For McNeil, the hardest day was Sept. 24, her brother’s 46th birthday. She’ll soon turn 45.

“We always used to joke about it, because we’re so close in age,” McNeil said. “’You’re catching up, you’re gonna pass me,’ he’d say. And now I am.”

A Mother’s Search

Susan Olsen knew something was wrong the minute she and her husband returned home from Mexico Jan. 24 and saw their son’s car keys sitting on the table. 

“We started calling his friends but no one had heard from him,” she said.

Olsen’s friends had picked him up at the Maple Park home he shared with his parents on Jan. 19 for a night on the town. His friends left Bar One in DeKalb while Olsen stayed behind. At closing time, he called a friend for a ride home. The friend said he couldn’t pick him up, and that was the last anyone has heard from him.

The last anyone remembers seeing him was about 2 a.m. Jan. 20, when he was trying to find a ride home. Olsen said investigators have found little information about what happened to her son.

“He was always smiling, and his daughter is just the same now,” Olsen said. “He lived every day to the fullest.”

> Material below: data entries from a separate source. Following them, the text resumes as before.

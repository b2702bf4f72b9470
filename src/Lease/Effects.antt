-- ===== src/Lease/Effects.antt =====
-- What Commit, Release and Decline answer and change, and what LookupIP finds.
use infrastructure_in_a_box.Prelude.{
  ℕ, ◌+◌, ◌≡◌, refl, ◌≢◌, ◌↔◌, ◌⊎◌, inl, inr, false, ◌||◌, not, none, some, if◌then◌else◌, ◌==◌,
  length, arith, Bool-cases, Option-cases,
}
use infrastructure_in_a_box.Prelude.Results.{Result, ok, err}
use infrastructure_in_a_box.Prelude.Text.{Text, Unicode, text_discrete}
use infrastructure_in_a_box.Prelude.Table.{get-put, get-erase}
use infrastructure_in_a_box.Lease.Address.{Addr, unmap, occupies}
use infrastructure_in_a_box.Lease.State.{
  Lease, State, in_pool, occupied, valid_client_id, expire, remove,
}
use infrastructure_in_a_box.Lease.Persistence.{Disk, Stage, persist, saved, to_saved}
use infrastructure_in_a_box.Lease.Manager.{
  Error, unavailable, persist_failed, Manager, expired, lease_of, offer_of,
}
use infrastructure_in_a_box.Lease.Commits.{
  publish, committed, with_lease, commit_live, commit_with_fallback, release_live, release,
  quarantine, decline_live, decline,
}
use infrastructure_in_a_box.Lease.Grants.{occupied-IsClear, occupied-not-IsClear}
use infrastructure_in_a_box.Lease.Valid.{IsValid, IsGood, expired-IsValid}

-- What `publish` comes to: the new state and the file that holds it, or all as it was.
data Published {A : Type 0} (m : Manager) (next : State) (a : A) (p : Manager × Result Error A)
    : Type 0 where
  published :
      p.1 ≡ ok a
      → p.0.state ≡ next
      → p.0.file ≡ (if length m.cfg.file == 0 then m.file else saved (to_saved next))
      → Published m next a p
  failed :
      (stage : Stage)
      → p.1 ≡ err (persist_failed stage)
      → p.0.state ≡ m.state
      → p.0.file ≡ m.file
      → Published m next a p

publish-Published :
    {A : Type 0} (disk : Disk) (m : Manager) (next : State) (a : A)
    → Published m next a (publish disk m next a)
unfolding publish persist
publish-Published disk m next a = elim (Bool-cases (length m.cfg.file == 0)) [
  | inl unset ↦ published (ground arith) (ground arith) (ground arith)
  | inr set ↦ elim (Option-cases disk.failure) [
    | inl e ↦ published (ground arith) (ground arith) (ground arith)
    | inr (stage, e) ↦ failed stage (ground arith) (ground arith) (ground arith)
  ]
]

-- The address test of a commit is the specification's.
grantable_iff :
    (m : Manager) (client : Text) (ip : Addr) (v : IsValid m)
    → ((not (in_pool m.cfg ip) || occupies (occupied m.state client) ip) ≡ false)
      ↔ IsGood m client ip
grantable_iff m client ip v = (there, back)
  where
    there :
        (not (in_pool m.cfg ip) || occupies (occupied m.state client) ip) ≡ false
        → IsGood m client ip
    there h = record {
      inside = ground arith;
      clear = occupied-IsClear m.state client ip (ground arith);
    }

    back :
        IsGood m client ip
        → (not (in_pool m.cfg ip) || occupies (occupied m.state client) ip) ≡ false
    back g = elim (Bool-cases (occupies (occupied m.state client) ip)) [
      | inl taken ↦ absurd (
          occupied-not-IsClear m.state client ip v.sound.leases_map v.sound.offers_map taken
            g.clear)
      | inr idle ↦ rw (g.inside, idle) refl
    ]

module _ (u : Unicode) (now : ℕ) (disk : Disk) (m : Manager) (client : Text) (ip : Addr)
    (hostname fallback : Text) (v : IsValid m) where
  -- A commit on a valid manager answers "unavailable" exactly when the client's identity is not
  -- proper, or the address is outside the pool, held by another client or set aside.
  pub commit_unavailable_iff :
      ((commit_with_fallback u now disk m client ip hostname fallback).1 ≡ err unavailable)
      ↔ ((valid_client_id client ≡ false) ⊎ (¬ IsGood (expired now m) client (unmap ip)))
  unfolding commit_with_fallback commit_live
  commit_unavailable_iff = (there, back)
    where
      w : IsValid (expired now m)
      w = expired-IsValid now m v

      l : Lease
      l = committed u now (expired now m) client (unmap ip) hostname fallback

      never :
          (publish disk (expired now m) (with_lease (expire now m.state) client l) l).1
          ≢ err unavailable
      never e =
          elim (publish-Published disk (expired now m) (with_lease (expire now m.state) client l)
            l) [ published a b c ↦ cc | failed stage a b c ↦ cc ]

      there :
          (commit_with_fallback u now disk m client ip hostname fallback).1 ≡ err unavailable
          → (valid_client_id client ≡ false) ⊎ (¬ IsGood (expired now m) client (unmap ip))
      there e = elim (Bool-cases (valid_client_id client)) [
        | inr bad ↦ inl bad
        | inl good ↦
            inr
              (λ g. never (rw (good, (grantable_iff (expired now m) client (unmap ip) w).1 g) at e))
      ]

      back :
          (valid_client_id client ≡ false) ⊎ (¬ IsGood (expired now m) client (unmap ip))
          → (commit_with_fallback u now disk m client ip hostname fallback).1 ≡ err unavailable
      back (inl bad) = rw bad
      back (inr other) =
          elim (Bool-cases (
            not (in_pool m.cfg (unmap ip))
            || occupies (occupied (expire now m.state) client) (unmap ip))) [
              | inl refused ↦ ground arith
              | inr allowed ↦
                  absurd (other ((grantable_iff (expired now m) client (unmap ip) w).0 allowed))
            ]

-- What a commit of `l` makes of a manager: the client has the lease, its offer is gone, what other
-- clients hold and what is set aside stays, and the file, where there is one, holds the new state.
pub record IsCommitted (m next : Manager) (client : Text) (l : Lease) : Type 0 where
  pub leased : lease_of next.state client ≡ some l
  pub offer_gone : offer_of next.state client ≡ none
  pub lease_kept : (d : Text) → d ≢ client → lease_of next.state d ≡ lease_of m.state d
  pub offer_kept : (d : Text) → d ≢ client → offer_of next.state d ≡ offer_of m.state d
  pub declined_kept : next.state.declined ≡ m.state.declined
  pub stored : next.file ≡ (if length m.cfg.file == 0 then m.file else saved (to_saved next.state))

with_lease-IsCommitted :
    (m : Manager) (client : Text) (w l : Lease) (p : Manager × Result Error Lease)
    → Published m (with_lease m.state client w) w p
    → p.1 ≡ ok l
    → (l ≡ w) × IsCommitted m p.0 client l
unfolding with_lease
with_lease-IsCommitted m client w l p (failed stage a b c) e = cc
with_lease-IsCommitted m client w l p (published a b c) e =
    let q : l ≡ w = cc in
    (
      q,
      rw (q, b)
          (record {
            leased = ground (arith, get-put text_discrete client client w m.state.leases);
            offer_gone = ground (arith, get-erase text_discrete client client m.state.offers);
            lease_kept = λ d n. ground (arith, get-put text_discrete client d w m.state.leases);
            offer_kept = λ d n. ground (arith, get-erase text_discrete client d m.state.offers);
            declined_kept = refl;
            stored = c;
          }),
    )

module _ (u : Unicode) (now : ℕ) (disk : Disk) (m : Manager) (client : Text) (ip : Addr)
    (hostname fallback : Text) where
  commit_published :
      (l : Lease)
      → (commit_with_fallback u now disk m client ip hostname fallback).1 ≡ ok l
      → let w = committed u now (expired now m) client (unmap ip) hostname fallback in
        commit_with_fallback u now disk m client ip hostname fallback
        ≡ publish disk (expired now m) (with_lease (expire now m.state) client w) w
  unfolding commit_with_fallback commit_live
  commit_published l e = ground arith

  -- A commit that succeeds grants the address that was asked for, for the lease duration, and
  -- changes nothing else but the client's own offer, which is gone; the lease file, where there is
  -- one, holds the state that is in force.
  pub commit_granted :
      (l : Lease)
      → (commit_with_fallback u now disk m client ip hostname fallback).1 ≡ ok l
      → (l.ip ≡ unmap ip)
        × (l.expires_at ≡ now + m.cfg.lease_duration)
        × IsCommitted
            (expired now m)
            (commit_with_fallback u now disk m client ip hostname fallback).0
            client
            l
  unfolding committed
  commit_granted l e =
      let w = committed u now (expired now m) client (unmap ip) hostname fallback in
      let same = commit_published l e in
      let (q, c) =
        with_lease-IsCommitted (expired now m) client w l _
          (publish-Published disk (expired now m) (with_lease (expire now m.state) client w) w)
          (rw same at e) in
      (rw q refl, rw q refl, rw same c)

-- A call that fails, for whatever reason, leaves the state as expiry left it, and the file alone.
abbrev pub Untouched : ℕ → Manager → Manager → Type 0
Untouched now m next = (next.state ≡ expire now m.state) × (next.file ≡ m.file)

module _ {A : Type 0} (disk : Disk) (now : ℕ) (m : Manager) (next : State) (a : A) where
  publish_failed :
      (e : Error)
      → (publish disk (expired now m) next a).1 ≡ err e
      → Untouched now m (publish disk (expired now m) next a).0
  publish_failed e h = elim (publish-Published disk (expired now m) next a) [
    | published x y z ↦ cc
    | failed stage x y z ↦ (y, z)
  ]

failure_changes_nothing :
    (u : Unicode) (now : ℕ) (disk : Disk) (m : Manager) (client : Text) (ip : Addr)
    (hostname fallback : Text) (e : Error)
    → ((commit_with_fallback u now disk m client ip hostname fallback).1 ≡ err e
        → Untouched now m (commit_with_fallback u now disk m client ip hostname fallback).0)
      × ((release now disk m client ip).1 ≡ err e
          → Untouched now m (release now disk m client ip).0)
      × ((decline now disk m client ip).1 ≡ err e
          → Untouched now m (decline now disk m client ip).0)
unfolding commit_with_fallback commit_live release release_live decline decline_live
failure_changes_nothing u now disk m client ip hostname fallback e = (commits, releases, declines)
  where
    w : Lease
    w = committed u now (expired now m) client (unmap ip) hostname fallback

    commits :
        (commit_with_fallback u now disk m client ip hostname fallback).1 ≡ err e
        → Untouched now m (commit_with_fallback u now disk m client ip hostname fallback).0
    commits h =
        ground (arith, publish_failed disk now m (with_lease (expire now m.state) client w) w e)

    releases :
        (release now disk m client ip).1 ≡ err e → Untouched now m (release now disk m client ip).0
    releases h =
        ground
          (arith, publish_failed disk now m (remove client (unmap ip) (expire now m.state)) tt e)

    declines :
        (decline now disk m client ip).1 ≡ err e → Untouched now m (decline now disk m client ip).0
    declines h = ground (
      arith,
      publish_failed disk now m
          (quarantine (now + m.cfg.decline_duration) (unmap ip)
            (remove client (unmap ip) (expire now m.state)))
          tt e,
    )

-- A commit that fails, for whatever reason, leaves the state as expiry left it, and the file alone.
pub commit_failed :
    (u : Unicode) (now : ℕ) (disk : Disk) (m : Manager) (client : Text) (ip : Addr)
    (hostname fallback : Text) (e : Error)
    → (commit_with_fallback u now disk m client ip hostname fallback).1 ≡ err e
    → Untouched now m (commit_with_fallback u now disk m client ip hostname fallback).0
commit_failed u now disk m client ip hostname fallback e =
    (failure_changes_nothing u now disk m client ip hostname fallback e).0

Olsen said the hardest time came when her granddaughter was about to celebrate her seventh birthday and told her “Daddy better be home in time for my birthday.” She said her granddaughter understands that her dad is missing, but the family hasn’t found a way to explain to her that he will likely never be home again.

“She waves to his (missing person) billboard and says ‘Hi Daddy,’ Olsen said. “It’s heart-wrenching.”